> [What you have to do]:
Lines in the data below that contain the word "stands" are to be copied.

(Task inputs)

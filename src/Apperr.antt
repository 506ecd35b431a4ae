-- ===== src/Apperr.antt =====
-- internal/apperr/apperr.go: the errors that the business logic returns, one constructor for each
-- code and translation variant, with the parameters that the message shows. `internal` stands
-- for any other Go error (a database error, a constraint that Postgres refuses).
use cozy_backend.Base.{ℕ, Bool, true, false, ◌≡◌, refl, if◌then◌else◌}

pub data Error : Type 0 where
  -- 400
  invalid_fulfillment empty_order invalid_item invalid_variant_id invalid_qty qty_too_large : Error
  comment_too_long invalid_idempotency_key delivery_zone_required invalid_delivery_zone : Error
  invalid_status_transition amount_mismatch invalid_callback invalid_phone : Error
  otp_expired otp_invalid invalid_name invalid_password password_too_long variant_required : Error
  point_id_forbidden point_id_required invalid_role invalid_point_id : Error
  -- 401, 403
  invalid_webhook_token refresh_invalid invalid_credentials forbidden cancel_forbidden : Error
  -- 404
  order_not_found variant_not_found pickup_point_not_found address_not_found : Error
  payment_not_found payment_provider_not_found staff_not_found cart_item_not_found : Error
  -- 409
  product_unavailable sold_out stock_split order_not_cancellable payment_not_completed : Error
  payment_not_retryable too_many_attempts phone_taken last_owner not_owner : Error
  stock_left too_many_open_orders : ℕ → Error
  -- 429
  otp_cooldown otp_rate_limited otp_daily_limit otp_attempts_exceeded : Error
  refresh_rate_limited too_many_login_attempts : Error
  -- 502, 503, 500
  payment_create_failed sms_provider_unreachable sms_send_failed payments_not_configured internal :
      Error

-- `errors.As(err, &ae) && ae.Status < http.StatusInternalServerError`
abbrev pub is_client_error : Error → Bool
is_client_error payment_create_failed = false
is_client_error sms_provider_unreachable = false
is_client_error sms_send_failed = false
is_client_error payments_not_configured = false
is_client_error internal = false
is_client_error _ = true

pub data Result (A : Type 0) : Type 0 where
  ok : A → Result A
  err : Error → Result A

-- `return x, nil`
abbrev pub is_ok : {A : Type 0} → Result A → Bool
is_ok (ok _) = true
is_ok (err _) = false

-- A guard that let a result through.
pub passed :
    {A : Type 0} (b : Bool) (e : Error) (r : Result A) (a : A)
    → (if b then err e else r) ≡ ok a
    → (b ≡ false) × (r ≡ ok a)
passed true e r a h = cc
passed false e r a h = (refl, h)
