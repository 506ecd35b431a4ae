-- ===== src/Auth.antt =====
-- Authentication of customers (internal/auth): codes by SMS, and refresh tokens.
pub mod Limiter
pub mod Rows
pub mod Codes
pub mod Tokens
pub mod Phone
pub mod Review
pub mod Service
pub mod Session
pub mod Steps
pub mod Reuse
pub mod Entry
mod Tests
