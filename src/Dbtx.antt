-- ===== src/Dbtx.antt =====
-- internal/dbtx/dbtx.go: a block of repository code inside one transaction. A block is a function
-- of the tables that returns a value or an error and the tables as written so far; `with_tx`
-- commits them or rolls them back.
pub mod Ensures
pub mod Keeps
pub mod Always
pub mod Rollback
pub mod Total
use cozy_backend.Base.{◌≡◌, refl, Bool, true, false, Option, none, some}
use cozy_backend.Apperr.{Error, Result, ok, err}

abbrev pub Tx : Type 0 → Type 0 → Type 0
Tx S A = S → Result A × S

module _ {S A : Type 0} where
  abbrev pub pure : A → Tx S A
  pure a s = (ok a, s)

  abbrev pub raise : Error → Tx S A
  raise e s = (err e, s)

  abbrev pub lift : Result A → Tx S A
  lift r s = (r, s)

  abbrev pub gets : (S → A) → Tx S A
  gets f s = (ok (f s), s)

  -- `sql.ErrNoRows` becomes the error `e`.
  abbrev pub or_raise : Error → Option A → Tx S A
  or_raise e none = raise e
  or_raise e (some a) = pure a

  -- `WithTx`: commit if the block returns, else roll back and pass the error on.
  finish_tx : S → Result A × S → Result A × S
  finish_tx s (ok a, s') = (ok a, s')
  finish_tx s (err e, _) = (err e, s)

  unfoldable pub with_tx : Tx S A → Tx S A
  unfolding finish_tx
  with_tx body s = finish_tx s (body s)

module _ {S : Type 0} where
  abbrev pub modify : (S → S) → Tx S Unit
  modify f s = (ok tt, f s)

  -- `if test { return e }`
  abbrev pub raise_if : Bool → Error → Tx S Unit
  raise_if true e = raise e
  raise_if false e = pure tt

module _ {S A B : Type 0} where
  abbrev pub continue : Result A → (A → Tx S B) → Tx S B
  continue (ok a) f s = f a s
  continue (err e) f s = (err e, s)

  infixl 5 ◌>>=◌ ◌>>◌
  unfoldable pub ◌>>=◌ : Tx S A → (A → Tx S B) → Tx S B
  ◌>>=◌ m f s = continue (m s).0 f (m s).1

  abbrev pub ◌>>◌ : Tx S A → Tx S B → Tx S B
  m >> n = m >>= λ _. n
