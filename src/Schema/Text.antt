-- ===== src/Schema/Text.antt =====
-- Text as a list of code points, and the identifiers that arrive as text.
use Prim.Native.Char.{code}
use Prim.Native.String.{String}
use cozy_backend.Base.{
  ℕ, ◌+◌, ◌≡◌, refl, Bool, true, false, ◌&&◌, ◌||◌, List, [], ◌∷◌, arith, ltb, leb, ◌==◌,
  if◌then◌else◌,
}

abbrev pub Text : Type 0
Text = List ℕ

-- The code points of a literal.
abbrev pub codes : String → Text
codes String.[] = []
codes (String.◌∷◌ c s) = code c ∷ codes s

unfoldable pub same_text : Text → Text → Bool
same_text [] [] = true
same_text [] (d ∷ ds) = false
same_text (c ∷ cs) [] = false
same_text (c ∷ cs) (d ∷ ds) = c == d && same_text cs ds

pub same_text_refl : (s : Text) → same_text s s ≡ true
unfolding same_text
same_text_refl [] = refl
same_text_refl (c ∷ cs) = ground (arith, same_text_refl cs)

pub eq_of_same_text : (s t : Text) → same_text s t ≡ true → s ≡ t
unfolding same_text
eq_of_same_text [] [] h = refl
eq_of_same_text [] (d ∷ ds) h = ground arith
eq_of_same_text (c ∷ cs) [] h = ground arith
eq_of_same_text (c ∷ cs) (d ∷ ds) h = ground (arith, eq_of_same_text cs ds)

-- `LIKE 'prefix%'`, for a prefix without wildcards
unfoldable pub has_prefix : Text → Text → Bool
has_prefix [] s = true
has_prefix (c ∷ cs) [] = false
has_prefix (c ∷ cs) (d ∷ ds) = c == d && has_prefix cs ds

-- An identifier as a request carries it, by what `uuid.Validate` says of it: the number that a
-- UUID in its canonical form stands for (its text order is the order of the numbers), or any
-- other text.
pub data IdText : Type 0 where
  uuid : ℕ → IdText
  other : Text → IdText

-- `id == ""`
abbrev pub is_blank : IdText → Bool
is_blank (other []) = true
is_blank (other (_ ∷ _)) = false
is_blank (uuid _) = false

-- `unicode.IsSpace`
unfoldable pub is_space : ℕ → Bool
is_space c =
    (leb 9 c && leb c 13)
    || c == 32
    || c == 0x85
    || c == 0xa0
    || c == 0x1680
    || (leb 0x2000 c && leb c 0x200a)
    || c == 0x2028
    || c == 0x2029
    || c == 0x202f
    || c == 0x205f
    || c == 0x3000

unfoldable pub trim_left : Text → Text
trim_left [] = []
trim_left (c ∷ cs) = let rest = trim_left cs in if is_space c then rest else c ∷ cs

-- Drops the spaces at the end: a space stays if something is left after it.
unfoldable pub trim_right_cons : ℕ → Text → Text
trim_right_cons c [] = if is_space c then [] else c ∷ []
trim_right_cons c (d ∷ ds) = c ∷ d ∷ ds

unfoldable pub trim_right : Text → Text
unfolding trim_right_cons
trim_right [] = []
trim_right (c ∷ cs) = trim_right_cons c (trim_right cs)

-- `strings.TrimSpace`
unfoldable pub trim_space : Text → Text
unfolding trim_left trim_right
trim_space s = trim_right (trim_left s)

-- How many bytes UTF-8 takes for a code point.
abbrev pub rune_len : ℕ → ℕ
rune_len c = if ltb c 0x80 then 1 else if ltb c 0x800 then 2 else if ltb c 0x10000 then 3 else 4

-- `len(s)`
abbrev pub byte_len : Text → ℕ
byte_len [] = 0
byte_len (c ∷ cs) = rune_len c + byte_len cs
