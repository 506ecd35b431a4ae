-- ===== src/Limits.antt =====
-- Counters per key in a fixed window of time, as internal/auth/limiter.go and
-- internal/staff/ratelimit.go keep them in a Go map under a mutex: one call is one step. Times are
-- seconds of a clock that never runs back.
pub mod Map
pub mod Book
use cozy_backend.Base.{
  ℕ, suc, ◌+◌, Bool, true, false, Option, none, some, List, [], ◌∷◌, leb, if◌then◌else◌, length,
}
use cozy_backend.Schema.Text.{Text, same_text}

-- `limiterWindow` and `loginWindow`
pub record Window : Type 0 where
  pub count : ℕ
  pub reset_at : ℕ

-- The map, an entry for each key.
abbrev pub Windows : Type 0
Windows = List (Text × Window)

-- `windows[key]`
abbrev pub find_window : Text → Windows → Option Window
find_window key [] = none
find_window key ((k, w) ∷ ws) =
    let rest = find_window key ws in if same_text k key then some w else rest

-- `windows[key] = w`
abbrev pub set_window : Text → Window → Windows → Windows
set_window key w [] = (key, w) ∷ []
set_window key w ((k, x) ∷ ws) =
    let rest = (k, x) ∷ set_window key w ws in if same_text k key then (k, w) ∷ ws else rest

-- How the two limiters differ: when a window that resets at a time is over, the size of the map from
-- which a new window first sweeps it, and the length of a window.
pub record Policy : Type 0 where
  pub is_over : ℕ → ℕ → Bool
  pub sweep_at : ℕ
  pub span : ℕ

-- The window of a key, unless it is over.
abbrev pub open_window : Policy → ℕ → Option Window → Option Window
open_window p now none = none
open_window p now (some w) = if p.is_over w.reset_at now then none else some w

abbrev pub new_window : Policy → ℕ → Window
new_window p now = record { count = 0; reset_at = now + p.span }

-- `sweepLocked`: the windows that are over leave the map.
abbrev pub drop_over : Policy → ℕ → Windows → Windows
drop_over p now [] = []
drop_over p now ((k, w) ∷ ws) =
    let rest = drop_over p now ws in if p.is_over w.reset_at now then rest else (k, w) ∷ rest

abbrev pub sweep : Policy → ℕ → Windows → Windows
sweep p now ws = if leb p.sweep_at (length ws) then drop_over p now ws else ws

-- What `current` does with the window that it looked up.
abbrev pub renew : Policy → ℕ → Text → Windows → Option Window → Window × Windows
renew p now key ws none = (new_window p now, set_window key (new_window p now) (sweep p now ws))
renew p now key ws (some w) = (w, ws)

-- `current`: the window of a key, a new one where there is none or it is over.
unfoldable pub current : Policy → ℕ → Text → Windows → Window × Windows
current p now key ws = renew p now key ws (open_window p now (find_window key ws))

-- `w.count++`
abbrev pub add_one : Window → Window
add_one w = record w { count = suc w.count }

-- The end of `allow`: one event more, if the budget has room.
abbrev pub spend : ℕ → Text → Window × Windows → Bool × Windows
spend limit key (w, ws) =
    if leb limit w.count then (false, ws) else (true, set_window key (add_one w) ws)
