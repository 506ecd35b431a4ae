-- ===== src/Auth/Limiter.antt =====
-- windowLimiter (internal/auth/limiter.go): a budget of events per key, here a client's IP, in each
-- window of time. A limit that is not positive is 0, as is that of a nil limiter.
pub mod Exact
pub mod Rate
use cozy_backend.Base.{
  ℕ, ◌+◌, Bool, true, false, ◌||◌, Option, none, List, [], ◌∷◌, leb, ◌==◌, if◌then◌else◌,
}
use cozy_backend.Schema.Text.{Text}
use cozy_backend.Limits.{Window, Windows, set_window, Policy, current, add_one, spend}

pub record Limiter : Type 0 where
  pub limit : ℕ
  pub window : ℕ

-- `!now.Before(w.resetAt)`, and limiterSweepThreshold.
abbrev pub policy : Limiter → Policy
policy l = record { is_over = λ reset_at now. leb reset_at now; sweep_at = 10000; span = l.window }

abbrev pub is_empty : Text → Bool
is_empty [] = true
is_empty (_ ∷ _) = false

-- `l == nil || l.limit <= 0 || key == ""`
abbrev pub is_off : Limiter → Text → Bool
is_off l key = l.limit == 0 || is_empty key

-- `allow`
unfoldable pub allow : Limiter → ℕ → Text → Windows → Bool × Windows
unfolding current
allow l now key ws =
    if is_off l key then (true, ws) else spend l.limit key (current (policy l) now key ws)

-- `blocked`
unfoldable pub blocked : Limiter → ℕ → Text → Windows → Bool × Windows
unfolding current
blocked l now key ws =
    if is_off l key
    then (false, ws)
    else let found = current (policy l) now key ws in (leb l.limit found.0.count, found.1)

-- `hit`
unfoldable pub hit : Limiter → ℕ → Text → Windows → Windows
unfolding current
hit l now key ws =
    if is_off l key
    then ws
    else let found = current (policy l) now key ws in set_window key (add_one found.0) found.1

pub data Op : Type 0 where
  allowing blocking hitting : Op

-- A call, some seconds after the one before it.
pub record Call : Type 0 where
  pub gap : ℕ
  pub op : Op
  pub key : Text

-- What a call answers, `false` for a hit, and what it leaves.
abbrev pub call : Limiter → ℕ → Op → Text → Windows → Bool × Windows
call l now Op.allowing key ws = allow l now key ws
call l now Op.blocking key ws = blocked l now key ws
call l now Op.hitting key ws = (false, hit l now key ws)

-- The answers to a sequence of calls.
abbrev pub answers : Limiter → ℕ → Windows → List Call → List Bool
answers l now ws [] = []
answers l now ws (c ∷ cs) =
    let done = call l (now + c.gap) c.op c.key ws in done.0 ∷ answers l (now + c.gap) done.1 cs
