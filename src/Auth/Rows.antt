-- ===== src/Auth/Rows.antt =====
-- The tables otp_codes, refresh_tokens and customers as internal/auth sees them, with what its Service
-- keeps in memory, and what one request brings. Times are seconds; the service and Postgres read
-- the same clock.
use cozy_backend.Base.{ℕ, Bool, Option, List}
use cozy_backend.Apperr.{Result}
use cozy_backend.Dbtx.{Tx}
use cozy_backend.Schema.Text.{Text}
use cozy_backend.Limits.{Windows}

-- A row of otp_codes (migrations 000015, 000027).
pub record OtpCode : Type 0 where
  pub id : ℕ
  pub phone : Text
  pub transaction_id : Text
  pub token : Text
  pub expires_at : ℕ
  pub consumed_at : Option ℕ
  pub created_at : ℕ
  pub request_ip : Option Text
  pub verify_attempts : ℕ

-- A row of refresh_tokens (migrations 000016, 000028).
pub record RefreshToken : Type 0 where
  pub id : ℕ
  pub customer_id : ℕ
  pub token_hash : Text
  pub expires_at : ℕ
  pub revoked_at : Option ℕ
  pub rotated_at : Option ℕ
  pub family_id : ℕ

pub record Customer : Type 0 where
  pub id : ℕ
  pub phone : Text

-- `reviewGuard`
pub record ReviewGuard : Type 0 where
  pub failures : ℕ
  pub tripped : Bool

pub record Store : Type 0 where
  pub codes : List OtpCode
  pub tokens : List RefreshToken
  pub customers : List Customer
  pub verify_fails : Windows
  pub refresh_ip : Windows
  pub review : ReviewGuard

abbrev pub AuthAction : Type 0 → Type 0
AuthAction A = Tx Store A

-- The clock, the client's IP, and what the generators of ids and of random text give to the request.
pub record AuthEnv : Type 0 where
  pub now : ℕ
  pub ip : Text
  pub row_id : ℕ
  pub family_id : ℕ
  pub customer_id : ℕ
  pub transaction_id : Text
  pub raw_token : Text

-- Hashing of a refresh token, and the signing of an access token for a customer until a time.
pub record Crypto : Type 0 where
  pub hash_token : Text → Text
  pub issue_access_token : ℕ → ℕ → Result Text

-- `notify.OTPSender`: a phone and a transaction id give a token, a token and a code are checked.
pub record OtpSender : Type 0 where
  pub send_code : Text → Text → Result Text
  pub verify_code : Text → Text → Result Unit

-- The fixed part of `Service`: config.AuthLimits, config.ReviewLogin and the grace of a rotated
-- token. A limit that is not positive is 0.
pub record AuthConfig : Type 0 where
  pub verify_fails_limit : ℕ
  pub refresh_limit : ℕ
  pub otp_per_ip : ℕ
  pub otp_per_day : ℕ
  pub otp_verify_max_attempts : ℕ
  pub review_phone : Text
  pub review_code : Text
  pub refresh_reuse_grace : ℕ
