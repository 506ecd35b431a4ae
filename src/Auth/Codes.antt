-- ===== src/Auth/Codes.antt =====
-- The statements on otp_codes (internal/auth/otp_repo.go).
use cozy_backend.Base.{
  ℕ, suc, ◌+◌, ◌-◌, Bool, false, not, ◌&&◌, ◌||◌, Option, none, some, List, [], ◌∷◌, ltb, leb, ◌==◌,
  if◌then◌else◌, is_some, first_row, count_rows, any_row, update_rows,
}
use cozy_backend.Apperr.{otp_cooldown, otp_rate_limited, otp_daily_limit, internal}
use cozy_backend.Dbtx.{pure, gets, with_tx, modify, raise_if, ◌>>=◌, ◌>>◌}
use cozy_backend.Schema.Text.{Text, same_text}
use cozy_backend.Auth.Limiter.{is_empty}
use cozy_backend.Auth.Rows.{OtpCode, Store, AuthAction, AuthEnv}

-- `otpSendLimits`
pub record OtpSendLimits : Type 0 where
  pub cooldown : ℕ
  pub per_phone : ℕ
  pub per_ip : ℕ
  pub global_day : ℕ

-- `max(created_at)` of the rows of a phone
abbrev pub later : ℕ → Option ℕ → Option ℕ
later t none = some t
later t (some u) = some (if ltb t u then u else t)

abbrev pub last_at : Text → List OtpCode → Option ℕ
last_at phone [] = none
last_at phone (c ∷ cs) =
    let rest = last_at phone cs in if same_text c.phone phone then later c.created_at rest else rest

-- `count(*) FILTER (WHERE created_at >= now() - interval '1 hour')` for a phone
abbrev pub is_recent : AuthEnv → ℕ → OtpCode → Bool
is_recent env span c = leb env.now (c.created_at + span)

abbrev pub is_of : Text → OtpCode → Bool
is_of phone c = same_text c.phone phone

abbrev pub is_from : Text → OtpCode → Bool
is_from ip c = elim c.request_ip [ none ↦ false | some i ↦ same_text i ip ]

-- `lastAt.Valid && time.Since(lastAt.Time) < lim.Cooldown`
abbrev pub cooling : AuthEnv → ℕ → Option ℕ → Bool
cooling env cooldown none = false
cooling env cooldown (some t) = ltb (env.now - t) cooldown

abbrev pub new_code : AuthEnv → Text → Text → Text → ℕ → OtpCode
new_code env phone ip transaction_id expires_at = record {
  id = env.row_id;
  phone = phone;
  transaction_id = transaction_id;
  token = [];
  expires_at = expires_at;
  consumed_at = none;
  created_at = env.now;
  request_ip = if is_empty ip then none else some ip;
  verify_attempts = 0;
}

-- The insert: the primary key and the unique transaction id.
abbrev pub code_refused : OtpCode → List OtpCode → Bool
code_refused row codes =
    any_row (λ c. c.id == row.id || same_text c.transaction_id row.transaction_id) codes

unfoldable pub insert_code : OtpCode → AuthAction Unit
insert_code row = do
  refused ← gets (λ s. code_refused row s.codes)
  raise_if refused internal
  modify (λ s. record s { codes = row ∷ s.codes })

-- The checks of `reserve`, in their order.
unfoldable pub check_limits : AuthEnv → Text → Text → OtpSendLimits → AuthAction Unit
check_limits env phone ip lim = do
  last ← gets (λ s. last_at phone s.codes)
  phone_hour ← gets (λ s. count_rows (λ c. is_of phone c && is_recent env 3600 c) s.codes)
  raise_if (cooling env lim.cooldown last) otp_cooldown
  raise_if (leb lim.per_phone phone_hour) otp_rate_limited
  ip_hour ← gets (λ s. count_rows (λ c. is_from ip c && is_recent env 3600 c) s.codes)
  raise_if (ltb 0 lim.per_ip && not (is_empty ip) && leb lim.per_ip ip_hour) otp_rate_limited
  day ← gets (λ s. count_rows (is_recent env 86400) s.codes)
  raise_if (ltb 0 lim.global_day && leb lim.global_day day) otp_daily_limit

unfoldable pub reserve_tx : AuthEnv → Text → Text → Text → ℕ → OtpSendLimits → AuthAction ℕ
unfolding check_limits insert_code
reserve_tx env phone ip transaction_id expires_at lim = do
  check_limits env phone ip lim
  insert_code (new_code env phone ip transaction_id expires_at)
  pure env.row_id

-- `reserve`, the transaction under the advisory lock of the phone.
unfoldable pub reserve : AuthEnv → Text → Text → Text → ℕ → OtpSendLimits → AuthAction ℕ
unfolding reserve_tx
reserve env phone ip transaction_id expires_at lim =
    with_tx (reserve_tx env phone ip transaction_id expires_at lim)

abbrev pub update_codes : (OtpCode → Bool) → (OtpCode → OtpCode) → Store → Store
update_codes test f s = record s { codes = update_rows test f s.codes }

-- `setToken`
unfoldable pub set_token : ℕ → Text → AuthAction Unit
set_token id token = modify (update_codes (λ c. c.id == id) (λ c. record c { token = token }))

-- `id = $1 AND consumed_at IS NULL`
abbrev pub unconsumed : ℕ → OtpCode → Bool
unconsumed id c = c.id == id && not (is_some c.consumed_at)

abbrev pub use_up : AuthEnv → OtpCode → OtpCode
use_up env c = record c { consumed_at = some env.now }

-- `burn`
unfoldable pub burn : AuthEnv → ℕ → AuthAction Unit
burn env id = modify (update_codes (unconsumed id) (use_up env))

-- `phone = $1 AND consumed_at IS NULL AND expires_at > now() AND token <> ''`
abbrev pub is_active_code : AuthEnv → Text → OtpCode → Bool
is_active_code env phone c =
    is_of phone c
    && not (is_some c.consumed_at)
    && ltb env.now c.expires_at
    && not (is_empty c.token)

-- `ORDER BY created_at DESC LIMIT 1`
abbrev pub newer : OtpCode → Option OtpCode → Option OtpCode
newer c none = some c
newer c (some d) = some (if ltb c.created_at d.created_at then d else c)

abbrev pub newest : (OtpCode → Bool) → List OtpCode → Option OtpCode
newest test [] = none
newest test (c ∷ cs) = let rest = newest test cs in if test c then newer c rest else rest

-- `latestActive`
unfoldable pub latest_active : AuthEnv → Text → AuthAction (Option OtpCode)
latest_active env phone = gets (λ s. newest (is_active_code env phone) s.codes)

abbrev pub has_budget : ℕ → ℕ → OtpCode → Bool
has_budget id max c = unconsumed id c && ltb c.verify_attempts max

abbrev pub count_attempt : OtpCode → OtpCode
count_attempt c = record c { verify_attempts = suc c.verify_attempts }

-- `takeAttempt`: the number of the attempt, or none if the budget is spent.
abbrev pub attempt_of : Option OtpCode → Option ℕ
attempt_of none = none
attempt_of (some c) = some (suc c.verify_attempts)

unfoldable pub take_attempt : ℕ → ℕ → AuthAction (Option ℕ)
take_attempt id max = do
  row ← gets (λ s. first_row (has_budget id max) s.codes)
  modify (update_codes (has_budget id max) count_attempt)
  pure (attempt_of row)

-- `consume`: whether this call used the code up.
unfoldable pub consume : AuthEnv → ℕ → AuthAction Bool
consume env id = do
  hit ← gets (λ s. any_row (unconsumed id) s.codes)
  modify (update_codes (unconsumed id) (use_up env))
  pure hit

(End Task inputs)

> [Response]:
-- code and translation variant, with the parameters that the message shows. `internal` stands
-- UUID in its canonical form stands for (its text order is the order of the numbers), or any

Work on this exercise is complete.